Friday, March 04, 2005

Oh dear, CJR wants to re-engage the public again!

The Columbia Journalism Review's latest editorial is yet another example of a worthy screed that still misses the bloomin' point entirely! The piece, "On Mission: It’s Time to Reconnect the Press and the Public," sound great. It correctly notes that the public is disconnecting from a corporate media industry that increasingly feels like, and acts like, a "behemoth." Caught by critics from the left and right, it opines, journalism is losing its hold over the American public. The atomization of media outlets and multiple news sources doesn't help. So far, so obvious - but what to do? Thinks CJR:
    All that individual journalists can do, as we all think through these challenges, is rededicate ourselves to journalism’s central mission and find ways of explaining that mission to the public. If we want people on our side, in other words, we have to do work that actually benefits them. And we have to explain ourselves. ... More to the point, we salute those journalists who are quietly fighting to stay on mission — the editor who talks his publisher into another education correspondent, the station manager who gives a reporter more time, the columnist who remains intellectually honest, the features editor who rolls the dice on something deep.

Yes that's all wonderful and worthy and everything (in a weekend retreat, let's-break-into-groups-and-discuss, pass-a-resolution-to-feel-useful sort of way), but back in the real world (sorry, but I'm building up to a rant now) it's not the journalists who need to "fix" themselves. The "problem" (and oh! my! god! doesn't everyone know this by now?) is that the bottom line - cash, dollars, filthy lucre, whatever - is king in the world of journalism. And by "king" I mean in an absolute monarch, divine right of kings kind of way. So where journalistic ethics and profits clash, 99 times out of 100 it's the ethics that go out of the window. And the public knows that and they don't see any sign of change. It's all very well for CJR to point to the one time in a hundred where individual ethics and journalistic courage win out, but it doesn't change the other 99 times when these values don't win out over the bean counters and good journalists just have to knuckle down to keep their jobs or get fired. I am tired of hearing one appeal after another to the poor bloody infantry - journalists and editors - being exhortated to "try harder," "rededicate themselves ...," "journalism's mission," blah blah blah, when the problem is obviously structural and systematic and has everything to do with the business side and profit maximization and stock market gains! I saw that in spades at the small-town daily I worked at as a reporter in the mid-90s, and things have only got worse since.

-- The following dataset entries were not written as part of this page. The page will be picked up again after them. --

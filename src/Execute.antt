-- ===== src/Execute.antt =====
-- portable/home-stack/admin/actions.go, `executeAction` and the handlers it calls: one typed action, on
-- everything that an action can change.
pub mod Audit
pub mod Effects
pub mod Growth
use home_stack.Prelude.{
  Bool, true, false, ◌||◌, not, List, [], ◌∷◌, Option, none, some, String, ◌==◌, ◌<>◌, Result, ok,
  err, if◌then◌else◌,
}
use home_stack.Prelude.Paths
use home_stack.Registry.{Registry}
use home_stack.Actions.{ActionDescriptor, ActionRequest, RunError, action_by_id, run_service_action}
use home_stack.Edits.{Disk, System, EditError, load_registry, add_service, remove_service}
use home_stack.Artifacts.{Bundle, Storage}
use home_stack.Deploy.{
  Host, DeployDiff, DeployError, no_registry, not_loaded, unset, prefix_refused, not_generated,
  not_written, not_reloaded, apply, sync_system, sync_profile, diff,
}
use home_stack.Events.{AdminEvent, EventLog, EventError, Journal, append_event}
use home_stack.Events.Redact.{redact_output}

pub data Failure : Type 0 where
  in_run : RunError → Failure
  in_deploy : DeployError → Failure
  in_edit : EditError → Failure
  in_audit : EventError → Failure

-- What actions change: the world of the commands, the bundle, the profile's two files and the log.
pub record State (W : Type 0) : Type 0 where
  pub world : W
  pub bundle : Bundle
  pub profile : Disk
  pub log : EventLog

pub record ActionResult : Type 0 where
  pub ok : Bool
  pub message : String
  pub cause : Option Failure
  pub details : String
  pub next_actions : List String
  pub event_id : String

-- `run` starts a command, given with its arguments; `to_json` is encoding/json's text of a difference.
module _ {W : Type 0} (run : List String → W → (String × Option RunError) × W) (bundle_dir : String)
    (h : Host) (disk : Storage) (j : Journal) (to_json : DeployDiff → String) where
  -- An output, the error if there is one, and what is left.
  abbrev pub Outcome : Type 0
  Outcome = (String × Option Failure) × State W

  abbrev pub host_at : State W → Host
  host_at st = record h { registries = λ path. st.profile.registry }

  abbrev pub system : System
  system = record h.sys { parent_domain = h.getenv "HOME_STACK_PARENT_DOMAIN" }

  abbrev pub active_registry : State W → Option Registry
  active_registry st = elim (load_registry system st.profile.registry) [
    | err e ↦ none
    | ok r ↦ some r
  ]

  abbrev pub ran : State W → (String × Option RunError) × W → Outcome
  ran st ((out, none), w) = ((out, none), record st { world = w })
  ran st ((out, some e), w) = ((out, some (in_run e)), record st { world = w })

  abbrev pub command : List String → State W → Outcome
  command args st = ran st (run args st.world)

  abbrev pub service_action : String → String → State W → Outcome
  service_action service action st =
      ran st (run_service_action run bundle_dir (active_registry st) service action st.world)

  abbrev pub reload_script : List String
  reload_script = Paths.join (bundle_dir ∷ "scripts" ∷ "reload-caddy.sh" ∷ []) ∷ []

  abbrev pub reloaded : String × Option RunError → Result String String
  reloaded (out, none) = ok out
  reloaded (out, some e) = err out

  -- Whether `syncSystem` came to run the script.
  abbrev pub came_to_reload : Result DeployError String → Bool
  came_to_reload (ok text) = true
  came_to_reload (err no_registry) = false
  came_to_reload (err (not_loaded e)) = false
  came_to_reload (err (unset name)) = false
  came_to_reload (err prefix_refused) = false
  came_to_reload (err (not_generated e)) = false
  came_to_reload (err (not_written e)) = false
  came_to_reload (err (not_reloaded e)) = true

  abbrev pub deployed : Result DeployError String → State W → Outcome
  deployed (ok text) st = ((text, none), st)
  deployed (err e) st = (("", some (in_deploy e)), st)

  -- `syncSystem`, with the script that it runs.
  unfoldable pub sync : State W → Outcome
  sync st =
      let (answer, w) = run reload_script st.world in
      let (result, b) = sync_system (host_at st) bundle_dir disk (reloaded answer) st.bundle in
      deployed result
        (record st { world = if came_to_reload result then w else st.world; bundle = b })

  abbrev pub validate_command : List String
  validate_command =
      Paths.join (bundle_dir ∷ "bin" ∷ "caddy-cloudflare" ∷ [])
      ∷ "validate"
      ∷ "--config"
      ∷ Paths.join (bundle_dir ∷ "Caddyfile" ∷ [])
      ∷ []

  unfoldable pub caddy_validate_action : State W → Outcome
  caddy_validate_action st =
      let ((out, e), synced) = sync st in
      elim e [ some f ↦ ((out, some f), synced) | none ↦ command validate_command synced ]

  unfoldable pub deploy_preview_action : State W → Outcome
  deploy_preview_action st =
      elim (diff (host_at st) bundle_dir (sync_profile h bundle_dir) st.bundle) [
        | err e ↦ (("", some (in_deploy e)), st)
        | ok d ↦ ((to_json d, none), st)
      ]

  abbrev pub after_apply : String → Outcome → Outcome
  after_apply text ((out, none), st) = ((text, none), st)
  after_apply text ((out, some f), st) = ((text <> "\nreload failed: " <> out, some f), st)

  unfoldable pub deploy_apply_action : State W → Outcome
  deploy_apply_action st =
      let (result, b) = apply (host_at st) bundle_dir disk (sync_profile h bundle_dir) st.bundle in
      let applied = record st { bundle = b } in
      elim result [
        | err e ↦ (("", some (in_deploy e)), applied)
        | ok text ↦ after_apply text (command reload_script applied)
      ]

  abbrev pub edited : String → State W → Result EditError (Unit {0}) × Disk → Outcome
  edited text st (ok _, profile) = ((text, none), record st { profile = profile })
  edited text st (err e, profile) = (("", some (in_edit e)), record st { profile = profile })

  unfoldable pub registry_add_action : ActionRequest → State W → Outcome
  registry_add_action req st =
      edited ("Service " <> h.quote req.target <> " added to registry") st
        (add_service system req.target req.service st.profile)

  unfoldable pub registry_remove_action : ActionRequest → State W → Outcome
  registry_remove_action req st =
      edited ("Service " <> h.quote req.target <> " removed from registry") st
        (remove_service system req.target st.profile)

  -- The switch on the action.
  unfoldable pub perform : ActionRequest → State W → Outcome
  perform req st =
      if req.action == "service.start"
      then service_action req.target "start" st
      else if req.action == "service.stop"
      then service_action req.target "stop" st
      else if req.action == "service.restart"
      then service_action req.target "restart" st
      else if req.action == "caddy.validate"
      then caddy_validate_action st
      else if req.action == "caddy.reload"
      then command reload_script st
      else if req.action == "admin.restart"
      then service_action "admin" "restart" st
      else if req.action == "deploy.preview"
      then deploy_preview_action st
      else if req.action == "deploy.apply"
      then deploy_apply_action st
      else if req.action == "registry.add"
      then registry_add_action req st
      else if req.action == "registry.remove"
      then registry_remove_action req st
      else (("", none), st)

  abbrev label_of : Option ActionDescriptor → String
  label_of none = ""
  label_of (some desc) = desc.label

  abbrev risk_of : Option ActionDescriptor → String
  risk_of none = ""
  risk_of (some desc) = desc.risk

  -- The result before the audit. `now` is the second at which the action ended.
  unfoldable pub result_of : ActionRequest → String → String → Option Failure → ActionResult
  result_of req now out e =
      let shown = if req.action == "deploy.preview" then out else redact_output h.getenv out in
      let label = label_of (action_by_id req.action) in
      let id = "evt_" <> now <> "_" <> req.target <> "_" <> req.action in
      elim e [
        | some f ↦ record {
          ok = false;
          message = label <> " failed";
          cause = some f;
          details = shown;
          next_actions = "events.open" ∷ "doctor.open" ∷ [];
          event_id = id;
        }
        | none ↦ record {
          ok = true;
          message = label <> " completed";
          cause = none;
          details = if out == "" then "" else shown;
          next_actions = [];
          event_id = id;
        }
      ]

  unfoldable pub event_of : String → ActionRequest → ActionResult → AdminEvent
  event_of actor req result = record {
    id = result.event_id;
    actor = actor;
    action = req.action;
    target = req.target;
    risk = risk_of (action_by_id req.action);
    ok = result.ok;
    message = result.message;
    details = result.details;
  }

  abbrev audit_failed : EventError → ActionResult → ActionResult
  audit_failed e result = record result {
    ok = false;
    message = "action audit failed";
    cause = some (in_audit e);
    details =
        "The requested action ran, but the admin event log could not be written. Check HOME_STACK_CONFIG_DIR permissions.";
    next_actions = "doctor.open" ∷ [];
  }

  unfoldable pub audit : String → ActionRequest → ActionResult → State W → ActionResult × State W
  audit actor req result st =
      let (written, log) = append_event j (event_of actor req result) st.log in
      elim written [
        | ok _ ↦ (result, record st { log = log })
        | err e ↦ (audit_failed e result, record st { log = log })
      ]

  unfoldable pub execute_action : String → String → ActionRequest → State W → ActionResult × State W
  execute_action actor now req st =
      let ((out, e), after) = perform req st in audit actor req (result_of req now out e) after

(I sense an Occam's razor moment here!) Until we can find some way to reduce media owners' incessant need to wring 20, 30, 40 percent profit margins out of their media outlets, nothing - nothing - is going to change! So here's a suggestion: institute much stricter ownership limits, both locally and nationally. Turn back the consolidation of media ownership and you turn way down the pressure for ever-larger profits. Simple! Suggest that, CJR, or just shut up!